Wiesmoorer Johanniter schulen Pflegekräfte aus ganz Deutschland
Diana Borchelt und Marcel Planteur leiten Praxisworkshop „Pflegekräfte im Katastrophenfall“
In außerordentlichen Notlagen wie bei Naturkatastrophen, terroristischen Anschlägen oder militärischen Angriffen funktioniert die gewohnte Hilfs- und Rettungsinfrastruktur nicht mehr. Deshalb hat das Bundesamt für Bevölkerungsschutz und Katastrophenhilfe (BBK) Hilfsorganisationen wie die Johanniter-Unfall-Hilfe beauftragt, in Kursen mit den Titeln „Erste Hilfe mit Selbstschutzinhalten“ (EHSH) die Menschen zu schulen, sich in Notlagen selber helfen zu können. Diese Kurse sind für die Teilnehmenden kostenlos und ausgerichtet auf verschiedene Zielgruppen. Von Kindern über Erwachsene werden auch professionell in der Pflege Tätige angesprochen, denen in Notlagen aufgrund ihres Fachwissens eine besondere Rolle zukommt. Basierend auf dem EHSH-Modul 5 „Professionelle Pflege im Zivilschutz- und Katastrophenfall“ haben die Johanniter eine Qualifizierung von Pflegekräften im Katastrophenfall entwickelt. „Disaster Nursing“ ist der Titel.
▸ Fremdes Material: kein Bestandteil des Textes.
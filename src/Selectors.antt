-- ===== src/Selectors.antt =====
-- Parts of src/selectors_vm.
pub mod NthChild
pub mod Ast
pub mod AttributeMatcher
pub mod Compiler
pub mod Stack
pub mod Program
pub mod Machine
Jetzt wurde beim Schwesterntag der Johanniter mit einem Praxisworkshop der bundesweit erste Lehrgang der ersten Ausbildungsstufe erfolgreich abgeschlossen. Durchgeführt haben ihn zwei Ostfriesen: Diana Borchelt, Ortsbeauftragte des Ortsverbandes Wiesmoor der Johanniter-Unfall-Hilfe, und der Wiesmoorer Ausbildungsleiter Marcel Planteur haben beim Schwesterntag in Nieder-Weisel, einem Stadtteil des hessischen Butzbachs, im Auftrag der Johanniter-Akademie 45 Pflegekräfte geschult. „Wir waren schon ein bisschen nervös“, gesteht Diana Borchelt, die zusammen mit Marcel Planteur auch die Ausbildungsleitung der Johanniter im Regionalverband Weser-Ems mit Sitz in Ayenwolde im Moormerland bildet. „Wir hatten eigentlich mit 15 bis 20 Teilnehmenden gerechnet. Dass sich dann mehr als das Doppelte auf den Weg durch die gesamte Qualifizierungsphase gemacht hat, zeigt wie groß das Interesse an dieser Ausbildung ist.“
Dem vierstündigen Praxisworkshop war eine Online-Lehrphase mit sieben Unterrichtseinheiten vorgeschaltet. Darin ging es unter anderem um Zivile Verteidigung und Vorsorge in außerordentlichen Notlagen. Die Teilnehmenden kamen aus unterschiedlichen Bereichen der Pflege, darunter aus ambulanten Dienten, der stationären Langzeitpflege und der klinischen Akutpflege. „Dass diese ‚Riesengruppe‘ zum inhaltlichen Erfolg geführt werden konnte, liegt an dem Methodenschatz aus dem Kooperativen Lernen, der von Diana und Marcel vielseitig und abwechslungsreich zum Einsatz gebracht wurde“, lobt Ralf Sick, Leiter des Johanniter-Bildungswerk. „Diese hohe Methodenkompetenz wurde von den Teilnehmenden außerordentlich gelobt.“ Die beiden Wiesmoorer Johanniter engagieren sich schon seit längerem in der Ausbildung von Menschen in den Kursen Erste Hilfe mit Selbstschutzinhalten. „Wenn die Infrastruktur zusammenbricht und der Rettungsdienst nicht mehr kommt oder womöglich gar nicht alarmiert werden kann, weil das Handynetz zusammengebrochen ist, müssen sich die Menschen selber helfen und, ihre Nachbarn und Angehörigen versorgen können“, sagt Diana Borchelt. Gerade beim Stromausfall im Januar in Berlin habe sich gezeigt, dass auch professionelle Pflegekräfte in Einrichtungen vor besondere Herausforderungen gestellt sind, wenn der Strom plötzlich weg ist oder Material nicht geliefert wird. „Zu wissen, was dann getan werden kann, rettet Menschenleben“, ergänzt Marcel Planteur. Das sieht auch Ralf Sick so. Das Johanniter-Bildungswerk entwickelt gerade das Folgeangebot „Disaster Nursing 2“. Vielleicht sind auch die beiden Ostfriesen wieder mit dabei. Damit die Pflegekräfte deutschlandweit zukünftig besser auf Notlagen vorbereitet sind.